Sunday, June 12, 2011

The Answer: PETROLEUM, OR WOMEN

The question: What will be the hardest fought Resource Wars?

Identifying sick babies before they were born, instead of casual use by parents interested in what color to paint the nursery, 
(or, whether or not to abort a baby of unwanted gender) was the original goal of ultrasound...

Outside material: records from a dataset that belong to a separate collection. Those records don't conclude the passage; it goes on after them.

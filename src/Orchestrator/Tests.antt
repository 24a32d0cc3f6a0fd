-- ===== src/Orchestrator/Tests.antt =====
-- Small runs of orchestrator v0, and the theorems at them.
use Prim.Native.String.{compare, count}
use gateloop.Base.{
  map, All, ArePairwise, ◌≢◌, ◌≤◌, eq_iff, ℕ, String, Bool, true, false, Option, none, some, List,
  [], ◌∷◌, Ordering, ◌≡◌, refl, ◌⊎◌, inl, inr, ◌≢◌, arith, Memᴰ, length, truthy, ◌↔◌, ◌++◌, ◌+◌,
}
use gateloop.Base as B
use gateloop.Base.Sort.{sort, IsCollation}
use gateloop.Orchestrator.State.{
  RuntimeStory, RuntimeStoryStatus, todo, ready, in_progress, done, idle, gate, select, stopped,
  TrackerState, ActionResult, OrchestratorV0State,
}
use gateloop.Orchestrator.Select.{select_next_runtime_story, has_blocked_or_escalated_dependency}
use gateloop.Orchestrator.Decide.{decide_select, decide_next_action, find_story}
use gateloop.Orchestrator.Advance.{patch_story, advance_tracker_state}
use gateloop.Orchestrator.Run.{tick, run}
use gateloop.Orchestrator.Select.Laws.{IsDone, IsRunnable, IsNext, select-IsNext, select_none_iff}
use gateloop.Orchestrator.Decide.Cause.{IsSelecting}
use gateloop.Orchestrator.Run.Stop.{run_stops, gate_stops}
use gateloop.Orchestrator.Run.Done.{Verified, history, done-Verified}
use gateloop.Orchestrator.Run.Attempts.{run-InBudget}
use gateloop.Orchestrator.Run.Active.{at_work_unique}
use gateloop.Orchestrator.Run.Lifecycle.{story_gets_done}

-- What the tests compute with.
program : Unit {0}
unfolding run tick decide_next_action decide_select advance_tracker_state patch_story
    select_next_runtime_story has_blocked_or_escalated_dependency sort
program = tt

abbrev story : String → List String → RuntimeStoryStatus → RuntimeStory
story id deps status = record {
  story_id = id;
  epic_id = "EPIC-001";
  depends_on = deps;
  status = status;
  priority = 1;
  order_index = 0;
  attempts = 0;
  attempt_budget = 2;
  allowed_write_set = "src/**" ∷ [];
  validation_commands = "test" ∷ [];
  rollback_notes = "revert";
  blocked_reason = none;
}

abbrev first : RuntimeStory
first = story "STORY-001.1" [] todo

abbrev second : RuntimeStory
second = story "STORY-001.2" ("STORY-001.1" ∷ []) todo

abbrev start : OrchestratorV0State → List RuntimeStory → TrackerState
start state stories = record {
  run_id = "run-1";
  state = state;
  run_iteration_budget = 9;
  iterations_used = 0;
  stories = stories;
  active_story_id = none;
  last_validation_passed = none;
  human_gate_cleared = true;
  stop_reason = none;
  decision_log = [];
}

abbrev success : ActionResult
success = record { success = true; validation_passed = some true; error = none }

abbrev six : List ActionResult
six = success ∷ success ∷ success ∷ success ∷ success ∷ success ∷ []

selects_first : select_next_runtime_story compare (second ∷ first ∷ []) ≡ some "STORY-001.1"
unfolding program
selects_first = refl

first_done :
    find_story "STORY-001.1" (run compare (start idle (second ∷ first ∷ [])) six).stories
    ≡ some (record first { status = done; attempts = 1 })
unfolding program
first_done = refl

abbrev by_length : String → String → Ordering
by_length a b = B.compare (count a) (count b)

by_length-IsCollation : IsCollation by_length
by_length-IsCollation = record { total = λ a b. ground arith; trans = λ a b c. ground arith }

abbrev both : List RuntimeStory
both = second ∷ first ∷ []

select-IsNext_example : IsNext by_length both "STORY-001.1"
unfolding program
select-IsNext_example = select-IsNext by_length by_length-IsCollation both "STORY-001.1" refl

abbrev cyclic : RuntimeStory
cyclic = story "STORY-001.3" ("STORY-001.3" ∷ []) ready

cyclic_stuck : (t : RuntimeStory) → Memᴰ t (cyclic ∷ []) → ¬ IsRunnable (cyclic ∷ []) t
unfolding program
cyclic_stuck = (select_none_iff compare (cyclic ∷ [])).0 refl

run_stops_example : (run compare (start idle both) (six ++ six)).state ≡ stopped
run_stops_example = run_stops compare (start idle both) (six ++ six) (omega arith)

gate_stops_example :
    ((run compare (start gate both) (success ∷ six)).state ≡ stopped)
    × ((run compare (start gate both) (success ∷ six)).stories ≡ both)
gate_stops_example = gate_stops compare (start gate both) success six refl

abbrev delivered : RuntimeStory
delivered = record first { status = done; attempts = 1 }

delivered_listed : Memᴰ delivered (run compare (start idle both) six).stories
unfolding program
delivered_listed = Memᴰ.tail (Memᴰ.head refl)

done-Verified_example :
    IsDone both "STORY-001.1" ⊎ Verified "STORY-001.1" (history compare (start idle both) six [])
done-Verified_example =
    done-Verified compare (start idle both) six delivered refl delivered_listed refl

both_distinct : ArePairwise ◌≢◌ (map (λ (t : RuntimeStory). t.story_id) both)
both_distinct =
    (((λ e. let bad : false ≡ true = (eq_iff "STORY-001.2" "STORY-001.1").1 e in cc), tt), (tt, tt))

both_within : All (λ (t : RuntimeStory). t.attempts ≤ t.attempt_budget) both
both_within = ((omega arith), ((omega arith), tt))

run-InBudget_example :
    All
      (λ (t : RuntimeStory). t.attempts ≤ t.attempt_budget)
      (run compare (start idle both) six).stories
run-InBudget_example = run-InBudget compare (start idle both) six both_distinct both_within

abbrev two : List ActionResult
two = success ∷ success ∷ []

abbrev developing : RuntimeStory
developing = record first { status = in_progress }

developing_listed : Memᴰ developing (run compare (start idle both) two).stories
unfolding program
developing_listed = Memᴰ.tail (Memᴰ.head refl)

at_work_unique_example :
    ◌≡◌ {A = String} "STORY-001.1" "STORY-001.1"
    × (¬ IsSelecting (run compare (start idle both) two).state)
at_work_unique_example =
    at_work_unique compare (start idle both) two developing developing ((λ w. w), ((λ w. w), tt))
      developing_listed developing_listed tt tt

story_gets_done_example :
    let end = run compare (start idle both) six in
    (end.state ≡ select)
    × (end.active_story_id ≡ none)
    × (find_story "STORY-001.1" end.stories ≡ some (record first { status = done; attempts = 1 }))
unfolding program
story_gets_done_example =
    story_gets_done compare (start idle both) "STORY-001.1" first success success success success
      success success (inl refl) refl refl refl (omega arith) (omega arith) refl refl
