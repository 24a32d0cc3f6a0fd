-- ===== src/Permission.antt =====
-- The permission gateway (packages/permission-gateway/src/index.ts): the ordered pipeline that allows a
-- tool request, asks the human about it, or denies it.
pub mod State
pub mod Pipeline
pub mod Allowing
pub mod Denying
mod Tests
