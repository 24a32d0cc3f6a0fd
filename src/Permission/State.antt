-- ===== src/Permission/State.antt =====
-- The types of the gateway (index.ts, lines 11 to 58), and what it takes from the runtime.
use gateloop.Base.{String, Bool, Option, List}

pub data PermissionMode : Type 0 where
  plan ask accept_edits bypass_workspace deny_unlisted : PermissionMode

pub data Decision : Type 0 where
  allowed asked denied : Decision

pub record ToolRequest : Type 0 where
  pub mode : PermissionMode
  pub tool : String
  pub command : Option String
  pub cwd : String
  pub target_paths : Option (List String)
  pub is_write : Bool
  pub uses_secret_handle : Bool
  pub opens_network : Bool

pub record StoryContractView : Type 0 where
  pub allowed_write_set : List String
  pub forbidden_actions : List String
  pub allowed_tools : Option (List String)
  pub network_granted : Bool
  pub promotion_allowed : Bool

-- Injected by the harness.
pub record WorkspaceOracle : Type 0 where
  pub resolve_real_path : String → String
  pub is_disposable_workspace : String → Bool
  pub escapes_workspace : String → Bool

pub record PolicyDecision : Type 0 where
  pub decision : Decision
  pub reasons : List String

-- `roles` is an object: its own keys with their entries.
pub record ToolRegistry : Type 0 where
  pub roles : List (String × List String)

-- The tests of the source's six regular expressions, which the runtime's engine answers, and the
-- runtime's `toLowerCase`.
pub record Detectors : Type 0 where
  pub secret_path : String → Bool
  pub secret_exfil_cmd : String → Bool
  pub destructive_cmd : String → Bool
  pub remote_exec_cmd : String → Bool
  pub sudo_cmd : String → Bool
  pub protected_fragment : String → Bool
  pub to_lower_case : String → String
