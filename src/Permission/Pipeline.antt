-- ===== src/Permission/Pipeline.antt =====
-- `modeRule` and `evaluateToolRequest` (index.ts, lines 98 to 187). The result is `none` where a glob of
-- the write set does not compile, which throws. The roles of a
-- registry are its own keys; a role named as a property that every object inherits is left out.
use Prim.Native.String as String
use gateloop.Base.{
  String, Bool, true, false, not, ◌&&◌, ◌||◌, Option, none, some, get_or, List, [], ◌∷◌, map, any,
  all, length, ltb, str_eq, if◌then◌else◌,
}
use gateloop.Base.Text.{codes, includes}
use gateloop.Glob.{covered}
use gateloop.Permission.State.{
  PermissionMode, plan, ask, accept_edits, bypass_workspace, deny_unlisted, allowed, asked, denied,
  ToolRequest, StoryContractView, WorkspaceOracle, PolicyDecision, ToolRegistry, Detectors,
}

abbrev pub deny : String → Option PolicyDecision
deny reason = some (record { decision = denied; reasons = reason ∷ [] })

abbrev pub ask_human : String → Option PolicyDecision
ask_human reason = some (record { decision = asked; reasons = reason ∷ [] })

abbrev pub allow : List String → Option PolicyDecision
allow reasons = some (record { decision = allowed; reasons = reasons })

abbrev pub writing_tool : String → Bool
writing_tool tool = str_eq tool "write_file" || (str_eq tool "shell" || str_eq tool "apply_patch")

unfoldable pub mode_rule : PermissionMode → ToolRequest → Bool → Option PolicyDecision
mode_rule plan req in_write_set =
    if writing_tool req.tool || req.is_write then deny "plan mode is read-only" else allow []
mode_rule ask req in_write_set =
    if req.is_write then ask_human "ask mode: confirm mutation" else allow []
mode_rule accept_edits req in_write_set =
    if not req.is_write || in_write_set then allow [] else ask_human "write outside write-set"
mode_rule bypass_workspace req in_write_set = allow ("workspace-confirmed by oracle" ∷ [])
mode_rule deny_unlisted req in_write_set =
    if in_write_set || not req.is_write then allow [] else deny "deny_unlisted: not allow-listed"

-- `paths.every(p => globMatch(writeSet, p))`: the first path outside ends it.
unfoldable pub all_covered : List String → List String → Option Bool
all_covered [] globs = some true
all_covered (p ∷ paths) globs =
    let rest = all_covered paths globs in
    elim (covered p globs) [ none ↦ none | some true ↦ rest | some false ↦ some false ]

abbrev pub role_entry : List (String × List String) → String → Option (List String)
role_entry [] role = none
role_entry ((name, tools) ∷ roles) role =
    let later = role_entry roles role in if str_eq name role then some tools else later

abbrev pub not_listed : Option (List String) → String → Bool
not_listed none tool = false
not_listed (some tools) tool = not (any (λ t. str_eq t tool) tools)

-- The role has an entry that does not list the tool; an empty role counts as none.
abbrev pub not_in_role : Option ToolRegistry → Option String → String → Bool
not_in_role (some registry) (some role) tool =
    if str_eq role "" then false else not_listed (role_entry registry.roles role) tool
not_in_role (some registry) none tool = false
not_in_role none role tool = false

abbrev pub is_bypass : PermissionMode → Bool
is_bypass bypass_workspace = true
is_bypass _ = false

abbrev pub is_ask : PermissionMode → Bool
is_ask ask = true
is_ask _ = false

abbrev pub command_of : ToolRequest → String
command_of req = get_or req.command ""

abbrev pub targets : ToolRequest → List String
targets req = get_or req.target_paths []

-- Step 2.
abbrev pub bypass_risk :
    WorkspaceOracle → PermissionMode → List String → Option PolicyDecision → Option PolicyDecision
bypass_risk oracle mode resolved rest =
    if is_bypass mode
      && not (ltb 0 (length resolved) && all oracle.is_disposable_workspace resolved)
    then deny "bypass_workspace requires a registry-confirmed disposable workspace"
    else rest

-- Step 6, the secret handle, and step 7, once it is known whether the targets are in the write set.
abbrev pub by_write_set : ToolRequest → Option Bool → Option PolicyDecision
by_write_set req none = none
by_write_set req (some in_write_set) =
    if (req.is_write && not in_write_set) && (not (is_ask req.mode) && not (is_bypass req.mode))
    then deny "write outside allowed_write_set"
    else if req.uses_secret_handle
    then ask_human "secret use via scoped handle"
    else mode_rule req.mode req in_write_set

abbrev pub in_write_set : StoryContractView → ToolRequest → Option Bool
in_write_set contract req =
    if req.is_write then all_covered (targets req) contract.allowed_write_set else some true

module _ (detect : Detectors) where
  abbrev pub forbidden : StoryContractView → String → Bool
  forbidden contract cmd =
      any (λ f. includes (codes (detect.to_lower_case f)) (codes (detect.to_lower_case cmd)))
        contract.forbidden_actions

  -- Step 4, the hard denials by the command; `rest` is what follows.
  abbrev pub command_risk : String → Option PolicyDecision → Option PolicyDecision
  command_risk cmd rest =
      if detect.sudo_cmd cmd
      then deny "sudo / privilege escalation"
      else if detect.destructive_cmd cmd
      then deny "destructive command"
      else if detect.remote_exec_cmd cmd
      then deny "remote-exec pipe"
      else if detect.secret_exfil_cmd cmd
      then deny "secret exfiltration command"
      else rest

  -- Steps 5 and 3, by the resolved paths.
  abbrev pub path_risk :
      WorkspaceOracle → Bool → List String → Option PolicyDecision → Option PolicyDecision
  path_risk oracle is_write resolved rest =
      if any detect.secret_path resolved
      then deny "secret/credential path"
      else if is_write && any detect.protected_fragment resolved
      then deny "protected path write"
      else if is_write && any oracle.escapes_workspace resolved
      then deny "symlink/path escapes workspace"
      else rest

  abbrev pub contract_risk :
      StoryContractView → ToolRequest → Option PolicyDecision → Option PolicyDecision
  contract_risk contract req rest =
      if req.opens_network && not contract.network_granted
      then ask_human "network escalation requires approval"
      else if forbidden contract (command_of req)
      then deny "contract forbidden action"
      else rest

  unfoldable pub evaluate_tool_request :
      ToolRequest
      → StoryContractView
      → WorkspaceOracle
      → Option ToolRegistry
      → Option String
      → Option PolicyDecision
  evaluate_tool_request req contract oracle registry role =
      let resolved = map oracle.resolve_real_path (targets req) in
      if not_in_role registry role req.tool
      then deny (String.◌++◌ "tool not in role allowlist: " req.tool)
      else command_risk (command_of req) (
          path_risk oracle req.is_write resolved (
            bypass_risk oracle req.mode resolved
              (contract_risk contract req (by_write_set req (in_write_set contract req)))))
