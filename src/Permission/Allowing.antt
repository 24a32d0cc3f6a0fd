-- ===== src/Permission/Allowing.antt =====
-- When the pipeline allows a request.
use gateloop.Base.{
  String, Bool, true, false, Option, none, some, List, map, length, ◌≡◌, ◌≢◌, All, ◌<◌, Memᴰ,
}
use gateloop.Glob.{covered}
use gateloop.Permission.State.{
  plan, ask, bypass_workspace, Decision, allowed, ToolRequest, StoryContractView, WorkspaceOracle,
  PolicyDecision, ToolRegistry, Detectors,
}
use gateloop.Permission.Pipeline.{
  writing_tool, all_covered, role_entry, command_of, targets, forbidden,
}

abbrev is_allowed : Decision → Bool
is_allowed allowed = true
is_allowed _ = false

abbrev pub allows : Option PolicyDecision → Bool
allows none = false
allows (some d) = is_allowed d.decision

-- What the mode and the write set demand of an allowed request.
pub record ModeAllows (req : ToolRequest) (contract : StoryContractView) : Type 0 where
  pub no_secret_handle : req.uses_secret_handle ≡ false
  pub plan_reads : req.mode ≡ plan → (req.is_write ≡ false) × (writing_tool req.tool ≡ false)
  pub ask_reads : req.mode ≡ ask → req.is_write ≡ false
  pub write_inside :
      req.is_write ≡ true
      → req.mode ≢ bypass_workspace
      → All (λ p. covered p contract.allowed_write_set ≡ some true) (targets req)
  pub compiles : req.is_write ≡ true → all_covered (targets req) contract.allowed_write_set ≢ none

-- The role may use the tool: where a registry and a role are given and the role has an entry, the
-- entry lists the tool.
abbrev pub RoleAllows : Option ToolRegistry → Option String → String → Type 0
RoleAllows registry role tool =
    (r : ToolRegistry) (name : String) (tools : List String)
    → registry ≡ some r
    → role ≡ some name
    → name ≢ ""
    → role_entry r.roles name ≡ some tools
    → Memᴰ tool tools

-- An allowed request passes every detector, the oracle, the contract and the mode.
pub record Safe (detect : Detectors) (req : ToolRequest) (contract : StoryContractView)
    (oracle : WorkspaceOracle) (registry : Option ToolRegistry) (role : Option String)
    : Type 0 where
  pub role_allows : RoleAllows registry role req.tool
  pub no_sudo : detect.sudo_cmd (command_of req) ≡ false
  pub not_destructive : detect.destructive_cmd (command_of req) ≡ false
  pub no_remote_exec : detect.remote_exec_cmd (command_of req) ≡ false
  pub no_exfiltration : detect.secret_exfil_cmd (command_of req) ≡ false
  pub no_secret_path :
      All (λ p. detect.secret_path p ≡ false) (map oracle.resolve_real_path (targets req))
  pub not_protected :
      req.is_write ≡ true
      → All (λ p. detect.protected_fragment p ≡ false) (map oracle.resolve_real_path (targets req))
  pub contained :
      req.is_write ≡ true
      → All (λ p. oracle.escapes_workspace p ≡ false) (map oracle.resolve_real_path (targets req))
  pub disposable :
      req.mode ≡ bypass_workspace
      → (0 < length (map oracle.resolve_real_path (targets req)))
        × All
            (λ p. oracle.is_disposable_workspace p ≡ true)
            (map oracle.resolve_real_path (targets req))
  pub network : req.opens_network ≡ true → contract.network_granted ≡ true
  pub not_forbidden : forbidden detect contract (command_of req) ≡ false
  pub mode_allows : ModeAllows req contract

http://www.scientificamerican.com/article.cfm?id=how-ultrasound-changed-human-sex-ratio

"It didn't matter that the early ultrasound machines yielded fuzzy images, however, or that they only proved helpful in a small proportion of pregnancies. To the 1960s public the technology looked positively futuristic. Around the time pregnancy became a choice rather than an inevitability and the business of having children became about more than generating labor for the farm, we began seeking ways to bond with our babies before birth. An image on which to pin parental hopes made that task a whole lot easier, and so it was a breakthrough to have a preview, however muddled, of the baby growing inside a mother's uterus. Coming at a time of technological optimism when Americans were enamored of outer space and kitchen appliances alike, an era some were calling the Biological Revolution, ultrasound captured the public imagination."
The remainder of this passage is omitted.